Thursday, October 14, 2010

Village surveys

I have finally begun to do some field work.  After thorough testing and tweaking of my survey, Survey_v5.doc was launched in a Punjabi village about 30 km from Ludhiana.  On the drive out of the city, my Planning eye caught notice of Ludhiana's sprawl taking over the countryside: former villages Blobbed by Ludhiana, billboards showcasing happy multi-culti couples rendered so only because of the happy new community they will inhabit, as far away from the teeming urban core as possible.  I read recently in the papers that Ludhiana is expected to experience unprecedented growth in the next twenty years.  A friend tells me he read that it is the 80th fastest growing city in the world. I can't decide if that sounds huge or insignificant.

I'm reminded of an experience I had early on here when I was still staying in the university guest house. If I was home at the appropriate time (which seemed to change every week), a man would come by and offer to clean my room.  He would start in the bathroom and make his way to the bedroom, crouching in a position that if I were to take twenty years of yoga I would still never achieve.  While cleaning, he would make his way delicately around my suitcases and bathroom products.  And as I watched this man, very thin, skin dark and wrinkled, hair a little longer than the average man and beginning to grey at the temples, I became keenly aware of our differences and our different experiences.  Who knows what this man has in his bathroom, but my guess is that he does not have Diva Curl hair gel, Jason's Tea Tree shampoo, Panteen for Curly Hair conditioner, face wash, Dr. Bronner's, Alba Organic Mango Shave Cream, Oil of Olay face lotion with SPF 15, Kiss My Face Organic Aloe and Olive Oil body lotion, Alba body lotion with SPF 15, SFP 15 and 30 sunscreen, Ultrathon 3M Insect Repellant with 34.4% deet, Tom's of Maine Spearmint toothpaste, Waleda Almond facial lotion from Germany and Badger All Natural Lip Balm with SPF 15.  

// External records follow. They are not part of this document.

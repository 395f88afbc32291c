-- ===== src/Transfer/ConnPool/Run.antt =====
-- The goroutines around a pool of internal/transfer/connpool.go: each step is one stretch of a
-- goroutine under the lock.
use sfync.Base.{ℕ, ◌<◌, ◌≡◌, ◌+◌, ◌-◌, Text, Option, none, some, List, [], ◌∷◌, ◌++◌}
use sfync.Base.{Bool, true, false, count, remove}
use sfync.Transfer.ConnPool.{
  ConnPool, new_conn_pool, seed, Pass, got, acquire_pass, dial_made, dial_failed, release,
  try_acquire_idle, close_all,
}

-- The pool with what the goroutines hold: the connections leased by `acquire`, the dials under
-- way, the connections that were closed (for good), how many there ever were, and how often `onCap`
-- was called.
pub record System : Type 0 where
  pub pool : ConnPool
  pub leased : List ℕ
  pub dials : ℕ
  pub gone : List ℕ
  pub made : ℕ
  pub caps : ℕ

-- A pool as `Connect` of the clients leaves it: empty, or with the first connection in it.
unfoldable pub init : ℕ → System
unfolding new_conn_pool
init limit = record {
  pool = new_conn_pool limit;
  leased = [];
  dials = 0;
  gone = [];
  made = 0;
  caps = 0;
}

unfoldable pub init_seeded : ℕ → ℕ → System
unfolding init seed
init_seeded limit c = record (init limit) { pool = seed c (new_conn_pool limit); made = 1 }

-- What a goroutine holds after a pass of `acquire`.
abbrev pub lease : Pass → List ℕ → List ℕ
lease (got c) l = c ∷ l
lease _ l = l

abbrev pub dials_after : Pass → ℕ → ℕ
dials_after Pass.dials n = n + 1
dials_after _ n = n

abbrev pub lease_idle : Option ℕ → List ℕ → List ℕ
lease_idle none l = l
lease_idle (some c) l = c ∷ l

-- A connection that the pool turns down is closed.
abbrev pub discard : Pass → ℕ → List ℕ → List ℕ
discard (got _) c l = l
discard _ c l = c ∷ l

abbrev pub discard_if : Bool → ℕ → List ℕ → List ℕ
discard_if true c l = c ∷ l
discard_if false c l = l

abbrev pub add_cap : Option ℕ → ℕ → ℕ
add_cap none n = n
add_cap (some _) n = n + 1

-- A number that no connection has had.
abbrev pub IsFresh : ℕ → System → Type 0
IsFresh c s = (count c s.pool.idle ≡ 0) × (count c s.leased ≡ 0) × (count c s.gone ≡ 0)

pub data Step (s : System) : System → Type 0 where
  -- A pass of `acquire`, from the top of its loop, new or after a wait.
  pass :
      (waited : Bool)
      → Step s (
          let r = acquire_pass waited s.pool in
          record s { pool = r.1; leased = lease r.0 s.leased; dials = dials_after r.0 s.dials })
  made_it :
      (c : ℕ)
      → 0 < s.dials
      → IsFresh c s
      → Step s (
          let r = dial_made c s.pool in
          record s {
            pool = r.1;
            leased = lease r.0 s.leased;
            dials = s.dials - 1;
            gone = discard r.0 c s.gone;
            made = s.made + 1;
          })
  failed :
      (e : Text)
      → 0 < s.dials
      → Step s (
          let r = dial_failed e s.pool in
          record s { pool = r.1; dials = s.dials - 1; caps = add_cap r.2 s.caps })
  releases :
      (c : ℕ) (broken : Bool)
      → 0 < count c s.leased
      → Step s (
          let r = release c broken s.pool in
          record s { pool = r.1; leased = remove c s.leased; gone = discard_if r.0 c s.gone })
  tries :
      Step s (
        let r = try_acquire_idle s.pool in
        record s { pool = r.2; leased = lease_idle r.0 s.leased })
  closes : Step s (let r = close_all s.pool in record s { pool = r.1; gone = r.0 ++ s.gone })

pub data Reach (limit : ℕ) : System → Type 0 where
  empty : Reach limit (init limit)
  seeded : (c : ℕ) → Reach limit (init_seeded limit c)
  next : {s t : System} → Reach limit s → Step s t → Reach limit t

All this is to say that I've struggled a bit with the differences here between the haves and have nots.  And with my own place as a 'have.'  I recently got into an argument with a friend here about why more Indians cannot pull themselves up by their bootstraps (not a direct quote), as he did, a simple village boy who is now getting his Masters. And why don't they stop having so many children? I'll be the first to admit that I am no expert on any of this.  But I took a stab at it.  To address his first question, while my friend came from the villages, his parents are landholders - this automatically puts a giant gulf between him and the majority of India's poor.  On the second point, I would argue that the reason why India's poor continue to have large numbers of children are varied and complex, but I'll throw some ideas out there: if you grow up with the mentality that more children eventually means more income for the family, and if you do not have access to birth control, or if you don't know how to use it, or if you're a woman and cannot get your husband to use it, or if society has failed you and you lack basic education, or if a life of poverty is all you know, or if you did not receive sufficient nutrition and therefore never achieved your full intellectual potential...well, you can see where all this might lead. 

I'll be continuing with the surveys in Punjab and then will move onto to Rajasthan in November.  I'm hoping to learn new information that I can use to develop some small initiatives to help reduce food insecurity at the community level. If I can make a little impact on a few peoples' lives, I think I'll consider this trip to have been worthwhile.